By raising pH the metals will form oxides and hydroxides, and acids will form salts of those acids, Much of the salts can be washed away from the insoluble powders.

Sodium hydroxide can be replaced by sodium carbonate, lime to raise the pH...


Filter papers will add carbon to the incineration process which is another reducing agent to help you keep your metals from volatilizing and going up in smoke.

In your study of the waste treatment, you will find a helpful chart for the pH of the metal hydroxides, showing at what pH they are less soluble, silver one of the last to be converted and to precipitate, for this reason bringing the pH of the slurry up to around pH 11, then back down to around pH 7 neutral, and rinsing the powders of the salt waters.

Caution, if high acid, raise pH slowly to minimize foam-overs.
Heating can help speed the reaction.


Rinsing the soluble salts away before incineration of the powders is an important step.
if drying the powders in a corning ware dish on a hot plate, do not fill bottom full of wet slurry, leaving about half of the bottom of the dish clear will allow you to raise the heat without bubbling and spitting, as it dries you can add more, making the job much faster in the long run.
After the powders dry you can raise the heat, the metal powders will fuse (melt together), they will need further heat to drive off the volatiles and should be stirred and crushed just before it bakes hard. after powders have dried and crushed back to powders bring the heat up to high, run a propane torch over powders while stirring bring them to a glowing red hot, stir powders so oxygen from the air can convert them to oxides...


Filter papers in the mix are helpful as it will add carbon to the incineration process which is another reducing agent to help you keep your metals from volatilizing and going up in smoke.
a little sodium carbonate in the incineration is also good.

I find a kitchen blender comes in handy if there is much silver chloride involved, it can speed the process and minimize the amount of liquid involved.

For small amounts of silver chloride in a mix of other metal powders, a good manual stirring, and the slurry may need a bit more liquid.

Water is normally a byproduct of many of the reactions involved as the metal chlorides and acids are reacting together.


----------



## saadat68 (Oct 11, 2018)

Thanks
Do you just *shred* filter papers and wash them in NaOH solution? ( Or we must *burn* them then wash in NaOH and then incinerate)

Can we use this process for residue from dissolve gold with qua regia? ( Which contains silver chlorides )


----------



## butcher (Oct 11, 2018)

The filter papers will shred when the slurry solution is stirred.

Yes, you can use this process for residue from dissolving gold with aqua regia?
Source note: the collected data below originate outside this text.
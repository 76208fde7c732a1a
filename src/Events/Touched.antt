-- ===== src/Events/Touched.antt =====
-- Which scans a push queues.
use greensecops.Common.{
  ℕ, ◌≡◌, ◌⊎◌, ◌↔◌, inl, inr, refl, Bool, true, false, List, [], ◌∷◌, ◌++◌, Memᴰ, Option, none,
  some, not, ◌==◌, ◌&&◌, any, Bool-cases, filter, any-mem, mem-any, mem-filter, mem-keep, arith,
  Text, codes, text_eq, text_eq_refl, text_eq→eq, starts_with-append, starts_with→append,
  is_empty_text,
}
use greensecops.Events.Store.{Repository, ScanTarget, Task}
use greensecops.Events.Scans.{is_under, enabled_targets, skips_root, skips_target, scan_tasks}

-- The path is the directory, or lies below it.
abbrev pub Under : Text → Text → Type 0
Under root path = (path ≡ root) ⊎ ((rest : Text) × (path ≡ (root ++ codes "/") ++ rest))

pub is_under-Under : (root path : Text) → (is_under root path ≡ true) ↔ Under root path
unfolding is_under
is_under-Under root path = (to, from)
  where
    to : is_under root path ≡ true → Under root path
    to h = elim (Bool-cases (text_eq path root)) [
      | inl e ↦ inl (text_eq→eq path root e)
      | inr e ↦ inr (starts_with→append (root ++ codes "/") path (ground arith))
    ]

    from : Under root path → is_under root path ≡ true
    from (inl e) = rw e (ground (arith, text_eq_refl root))
    from (inr (rest, e)) = rw e (ground (arith, starts_with-append (root ++ codes "/") rest))

-- What a push is known to have touched of a target; `none` is unknown.
abbrev pub Touches : Option (List Text) → ScanTarget → Type 0
Touches none target = Unit
Touches (some paths) target = (path : Text) × Memᴰ path paths × Under target.root_path path

any_under :
    (target : ScanTarget) (paths : List Text)
    → (any (is_under target.root_path) paths ≡ true) ↔ Touches (some paths) target
any_under target paths = (to, from)
  where
    to : any (is_under target.root_path) paths ≡ true → Touches (some paths) target
    to h =
        let (path, m, e) = any-mem (is_under target.root_path) paths h in
        (path, m, (is_under-Under target.root_path path).0 e)

    from : Touches (some paths) target → any (is_under target.root_path) paths ≡ true
    from (path, m, u) =
        mem-any (is_under target.root_path) paths m ((is_under-Under target.root_path path).1 u)

pub skips_root-Touches :
    (changed : Option (List Text)) (target : ScanTarget)
    → (skips_root changed target ≡ false) ↔ Touches changed target
unfolding skips_root
skips_root-Touches none target = (λ _. tt, λ _. refl)
skips_root-Touches (some paths) target = (
  λ h. (any_under target paths).0 (ground arith),
  λ u. ground (arith, (any_under target paths).1 u),
)

pub skips_target-Touches :
    (changed : Option (List Text)) (target : ScanTarget)
    → (skips_target changed target ≡ false) ↔ ((target.root_path ≡ []) ⊎ Touches changed target)
unfolding skips_target is_empty_text
skips_target-Touches changed target = (to changed, from changed)
  where
    empty : (root : Text) → is_empty_text root ≡ true → root ≡ []
    empty [] h = refl
    empty (_ ∷ _) h = cc

    to :
        (changed : Option (List Text))
        → skips_target changed target ≡ false
        → (target.root_path ≡ []) ⊎ Touches changed target
    to none h = inr tt
    to (some paths) h = elim (Bool-cases (is_empty_text target.root_path)) [
      | inl e ↦ inl (empty target.root_path e)
      | inr e ↦ inr ((any_under target paths).0 (ground arith))
    ]

    from :
        (changed : Option (List Text))
        → (target.root_path ≡ []) ⊎ Touches changed target
        → skips_target changed target ≡ false
    from none h = refl
    from (some paths) (inl e) = ground (arith, e)
    from (some paths) (inr u) = ground (arith, (any_under target paths).1 u)

-- The task belongs to an enabled target of the repository that the loop does not skip.
abbrev pub IsTaskOf :
    (ScanTarget → Type 0) → (ℕ → Task) → Repository → List ScanTarget → Task → Type 0
IsTaskOf Wanted run repo targets task =
    (target : ScanTarget) × Memᴰ target targets
    × (target.repo_id ≡ repo.id)
    × (target.enabled ≡ true)
    × Wanted target
    × (task ≡ run target.id)

mem-scan_tasks :
    (skips : ScanTarget → Bool) (run : ℕ → Task) (task : Task) (targets : List ScanTarget)
    → Memᴰ task (scan_tasks skips run targets) ↔ (
        (target : ScanTarget) × Memᴰ target targets
        × (skips target ≡ false)
        × (task ≡ run target.id))
unfolding scan_tasks
mem-scan_tasks skips run task [] = (λ m. elim m [ ], λ h. elim h.1 [ ])
mem-scan_tasks skips run task (t ∷ ts) =
    (to (mem-scan_tasks skips run task ts).0, from (mem-scan_tasks skips run task ts).1)
  where
    to :
        (Memᴰ task (scan_tasks skips run ts)
          → (target : ScanTarget) × Memᴰ target ts
            × (skips target ≡ false)
            × (task ≡ run target.id))
        → Memᴰ task (scan_tasks skips run (t ∷ ts))
        → (target : ScanTarget) × Memᴰ target (t ∷ ts)
          × (skips target ≡ false)
          × (task ≡ run target.id)
    to ih m = elim ((mem-keep (not (skips t)) (run t.id) (scan_tasks skips run ts)).0 m) [
      | inl h ↦ (t, Memᴰ.head refl, ground arith, h.1)
      | inr r ↦ let (target, m', s, e) = ih r in (target, Memᴰ.tail m', s, e)
    ]

    from :
        ((target : ScanTarget) × Memᴰ target ts × (skips target ≡ false) × (task ≡ run target.id)
          → Memᴰ task (scan_tasks skips run ts))
        → (target : ScanTarget) × Memᴰ target (t ∷ ts)
          × (skips target ≡ false)
          × (task ≡ run target.id)
        → Memᴰ task (scan_tasks skips run (t ∷ ts))
    from ih (target, Memᴰ.head e, s, h) =
        (mem-keep (not (skips t)) (run t.id) (scan_tasks skips run ts)).1
          (inl (rw (← e) (ground arith), rw (← e) h))
    from ih (target, Memᴰ.tail m, s, h) =
        (mem-keep (not (skips t)) (run t.id) (scan_tasks skips run ts)).1
          (inr (ih (target, m, s, h)))

module _ (skips : ScanTarget → Bool) (Wanted : ScanTarget → Type 0)
    (meets : (target : ScanTarget) → (skips target ≡ false) ↔ Wanted target) where
  pub mem-scan_tasks_enabled :
      (run : ℕ → Task) (repo : Repository) (targets : List ScanTarget) (task : Task)
      → Memᴰ task (scan_tasks skips run (enabled_targets repo targets))
        ↔ IsTaskOf Wanted run repo targets task
  unfolding enabled_targets
  mem-scan_tasks_enabled run repo targets task = (to, from)
    where
      wanted : ScanTarget → Bool
      wanted target = target.repo_id == repo.id && target.enabled

      to :
          Memᴰ task (scan_tasks skips run (filter wanted targets))
          → IsTaskOf Wanted run repo targets task
      to m =
          let (target, kept, s, e) = (mem-scan_tasks skips run task (filter wanted targets)).0 m in
          let (there, test) = (mem-filter wanted targets).0 kept in
          (target, there, ground arith, ground arith, (meets target).0 s, e)

      from :
          IsTaskOf Wanted run repo targets task
          → Memᴰ task (scan_tasks skips run (filter wanted targets))
      from (target, there, of, on, w, e) =
          (mem-scan_tasks skips run task (filter wanted targets)).1
            (target, (mem-filter wanted targets).1 (there, ground arith), (meets target).1 w, e)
Which contains silver chlorides.

Like most of what we do, it depends on what the filters contained, if the filter paper was loaded full of silver chloride, the silver chloride powder would go to my silver chloride stock pot( which is kept wet) for later processing, while the filter paper would be saved for use in an incineration process.

Waste hydroxide solutions can be used to help neutralize your waste acid solutions.


----------



## saadat68 (Oct 11, 2018)

Thanks again 
My last question is:
As you know in silver chlorides conversation we continue stirring solution until all of white traces convert to gray 
But in filter papers we can't see white silver chlorides. How much time is needed for washing filter papers in NaOH solution/in blender? 15 minutes is eunugh?


----------



## butcher (Oct 12, 2018)

If the filter papers carry mostly silver chloride, add that to your stock silver pot.
I did not want to discuss converting silver chloride here as there are several methods like dilute sulfuric in cast iron or with nails...


silver chloride NaOH and hydrogen peroxide in a blender it does not take long if you have silver (it's the outer shell of the crystals will darken in sunlight (in the mechanical cutting/grinding action of the blender with the sodium hydroxide and hydrogen peroxide and the work goes much faster than stirring...



If papers are base metals, with small amounts of silver chloride and say gold and other trash where your incinerating the lot.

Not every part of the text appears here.